L’8 agosto 1998 i Talebani presero la città afghana di Mazar-e Sharif. Nel massacro morirono anche 11 iraniani: dieci diplomatici e un giornalista. A Teheran, il presidente riformatore Muhammad Khatami fu obbligato a spostare carri armati e soldati sul confine orientale.

Sono trascorsi 23 anni e l’incubo talebano incombe di nuovo sugli iraniani. Se ieri gli integralisti dell’Afghanistan hanno preso la città di Sheberghan nella provincia nord di Jawzjan, venerdì a cadere nelle loro grinfie era stata Zaranj, nella provincia sudovest di Nimroz, sul confine con l’Iran. Con l’ultraconservatore Raisi come presidente la situazione torna drammatica.

IL FRONTE OCCIDENTALE non desta meno preoccupazioni, perché in Iraq sono stanziati i soldati statunitensi. E ancora, i pasdaran sono sotto pressione a sud: le acque del Golfo persico sono sempre più turbolente.
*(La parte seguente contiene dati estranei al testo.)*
-- ===== src/Clock/Rooms/Steps.antt =====
-- What holds of every room's step holds of a recalculation.
use clock_ha_orchestrator.Prelude.{
  ℕ, ◌≡◌, Bool, true, false, Option, none, some, List, [], ◌∷◌, String, is_some, ◌==◌, sorted_by,
}
use clock_ha_orchestrator.Prelude.Results.{ok, Returns, Returns-bind, Returns-ok, ◌>>=◌}
use clock_ha_orchestrator.Domain.Models.{
  NormalizedBooking, HotelPolicy, DesiredRoomIntent, RoomStateEvaluation,
}
use clock_ha_orchestrator.Policy.Engine.{derive_room_intent}
use clock_ha_orchestrator.Policy.Control.Rows.{latest_override_row}
use clock_ha_orchestrator.Persistence.Rows.{OverrideRow, Payload}
use clock_ha_orchestrator.Persistence.Session.{Database, find}
use clock_ha_orchestrator.Clock.Registry.{RegistryEntry, RegistryRows, room_by_id}
use clock_ha_orchestrator.Clock.Rooms.{SemanticState, override_of_latest, Recalculation, nothing}
use clock_ha_orchestrator.Clock.Rooms.Loading.{load_normalized_bookings}
use clock_ha_orchestrator.Clock.Rooms.Step.{
  plus_counts, settle_room, evaluated, recalculate_entry, recalculate_known, recalculate_room,
  recalculate_each, recalculate_rooms,
}

module _ (uuid : ℕ → ℕ) (serialize : Payload → String) (hash : SemanticState → String)
    (prefix : String) (policy : HotelPolicy) (now correlation_id : ℕ)
    (Holds : Database → Database × Recalculation → Type 0)
    (at_rest : (db : Database) → Holds db (db, nothing))
    (settled : (property_id room_id : ℕ) (key : String) (latest : Option OverrideRow)
        (state : RoomStateEvaluation) (intent : Option DesiredRoomIntent) (db : Database)
      → Holds db (
          settle_room uuid serialize hash prefix policy now correlation_id property_id room_id key
            latest state intent db))
    (joined : (a : Database) (b c : Database × Recalculation)
      → Holds a b
      → Holds b.0 c
      → Holds a (c.0, plus_counts b.1 c.1)) where
  entry-Holds :
      (property_id : ℕ) (entry : RegistryEntry) (bookings : List NormalizedBooking) (db : Database)
      → Returns (Holds db) (
          recalculate_entry uuid serialize hash prefix policy now correlation_id property_id entry
            bookings db)
  unfolding recalculate_entry
  entry-Holds property_id entry bookings db =
      let latest = latest_override_row entry.row_id db in
      let override = override_of_latest latest now db.bookings in
      let state =
        evaluated uuid serialize hash prefix policy now correlation_id entry.room bookings
          override in
      Returns-bind (Holds db) (derive_room_intent state policy override correlation_id)
        (λ intent. ok (
          settle_room uuid serialize hash prefix policy now correlation_id property_id entry.row_id
            entry.room.key latest state intent db))
        (λ intent _. settled property_id entry.row_id entry.room.key latest state intent db)

  known-Holds :
      (property_id : ℕ) (entry : Option RegistryEntry) (has_row : Bool)
      (bookings : List NormalizedBooking) (db : Database)
      → Returns (Holds db) (
          recalculate_known uuid serialize hash prefix policy now correlation_id property_id entry
            has_row bookings db)
  unfolding recalculate_known
  known-Holds property_id none b bookings db = at_rest db
  known-Holds property_id (some e) false bookings db = at_rest db
  known-Holds property_id (some e) true bookings db = entry-Holds property_id e bookings db

  room-Holds :
      (registry : RegistryRows) (id : ℕ) (bookings : List NormalizedBooking) (db : Database)
      → Returns (Holds db) (
          recalculate_room uuid serialize hash prefix policy now correlation_id registry id bookings
            db)
  unfolding recalculate_room
  room-Holds registry id bookings db =
      known-Holds registry.property_id (room_by_id registry id)
        (is_some (find (λ r. r.id == id) db.rooms)) bookings db

  each-Holds :
      (registry : RegistryRows) (bookings : List NormalizedBooking) (ids : List ℕ) (db : Database)
      → Returns (Holds db) (
          recalculate_each uuid serialize hash prefix policy now correlation_id registry bookings
            ids db)
  unfolding recalculate_each
  each-Holds registry bookings [] db = at_rest db
  each-Holds registry bookings (id ∷ ids) db =
      let step =
        recalculate_room uuid serialize hash prefix policy now correlation_id registry id
          bookings in
      let run =
        recalculate_each uuid serialize hash prefix policy now correlation_id registry bookings
          ids in
      Returns-bind (Holds db) (step db)
        (λ first. run first.0 >>= λ others. ok (others.0, plus_counts first.1 others.1))
        (λ first e.
          Returns-bind (Holds db) (run first.0)
            (λ others. ok (others.0, plus_counts first.1 others.1))
            (λ others f.
              joined db first others
                (Returns-ok (Holds db) (step db) first e (room-Holds registry id bookings db))
                (Returns-ok (Holds first.0) (run first.0) others f
                  (each-Holds registry bookings ids first.0))))

  pub recalculate_rooms-Holds :
      (registry : RegistryRows) (ids : List ℕ) (db : Database) (r : Database × Recalculation)
      → recalculate_rooms uuid serialize hash prefix policy now correlation_id registry ids db
        ≡ ok r
      → Holds db r
  unfolding recalculate_rooms
  recalculate_rooms-Holds registry [] db r h =
      Returns-ok (Holds db)
        (recalculate_rooms uuid serialize hash prefix policy now correlation_id registry [] db) r h
        (at_rest db)
  recalculate_rooms-Holds registry (id ∷ ids) db r h =
      let run = λ (bookings : List NormalizedBooking).
        recalculate_each uuid serialize hash prefix policy now correlation_id registry bookings
          (sorted_by (λ n. n) (id ∷ ids)) db in
      let load = load_normalized_bookings registry.property_id registry.property_key db in
      Returns-ok (Holds db) (load >>= run) r h (
        Returns-bind (Holds db) load run
          (λ bookings _. each-Holds registry bookings (sorted_by (λ n. n) (id ∷ ids)) db))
Secondo i periti statunitensi sarebbe made in Iran il drone che il 29 luglio ha ucciso due membri dell’equipaggio (un cittadino britannico e un rumeno) della petroliera MT Mercer Street.

Teheran rimanda le accuse al mittente, dicendo che si tratta di «un complotto israeliano per mettere in cattiva luce la Repubblica islamica alla vigilia dell’insediamento del presidente Ebrahim Raisi».

Il generale Abolfazl Shekarchi ha fatto notare che «gli americani dicono di aver trovato parti di droni iraniani in acqua, questa è la loro prova. Ma quale laboratorio ha deciso che i droni appartengono all’Iran? È il metodo degli americani: tessono storie e le usano per accusare l’Iran, fanno così per metterci sotto pressione».

È in questo difficile contesto internazionale che il 5 agosto il neopresidente iraniano Ebrahim Raisi ha prestato giuramento in parlamento in una cerimonia a cui hanno partecipato anche i diplomatici stranieri e un rappresentante dell’Unione europea.

La prossima settimana, Raisi presenterà i propri ministri ai 290 deputati che molto probabilmente ne approveranno le scelte perché di certo concordate in anticipo con il leader supremo Ali Khamenei. Secondo indiscrezioni, il ministero degli Esteri potrebbe andare al diplomatico di lungo corso Hossein Amir Abdollahian, che gode dell’appoggio dei pasdaran.

IN QUESTA SITUAZIONE, la questione atomica non sembra urgente: sarà necessario sbloccare la situazione per far ripartire il business e risollevare l’economia, ma i negoziatori sul nucleare possono aspettare. Soprattutto se, incalzata da Israele, l’amministrazione Biden insiste tanto sull’includere nell’accordo un drastico stop al programma balistico: i missili non sono negoziabili, servono a difendere l’Iran contro nemici che incalzano e fanno danni.

Pensiamo all’assassinio del generale Soleimani nell’aeroporto di Baghdad a gennaio 2020, i numerosi attentati in cui hanno perso la vita gli scienziati nucleari iraniani, le operazioni di sabotaggio agli impianti nucleari ed elettrici.

Il governo di Raisi dovrà prestare attenzione anche alle numerose sfide sul fronte interno, non ultime la siccità e le proteste. La pandemia non dà tregua, complice la scarsità dei vaccini. Il 19 agosto ricorre il decimo giorno del mese islamico di muharram.

Per i musulmani sciiti è Ashura, il giorno dell’espiazione in cui si commemora il massacro dell’Imam Hossein, nipote di Maometto attraverso la figlia prediletta Fatima, e dei suoi uomini nella piana di Kerbela, una cittadina che oggi si trova in Iraq.

Da secoli gli sciiti ricordano il giorno in cui è per la prima volta sparso il sangue del Profeta, con le processioni dei flagellanti: difficilmente una simile cerimonia potrà aver luogo quest’anno. Per ayatollah e pasdaran sarà un’occasione perduta, «ogni giorno è Ashura, ogni luogo è Kerbela» è uno degli slogan della Repubblica islamica: serve a ribadire che gli sciiti sono sempre vittime.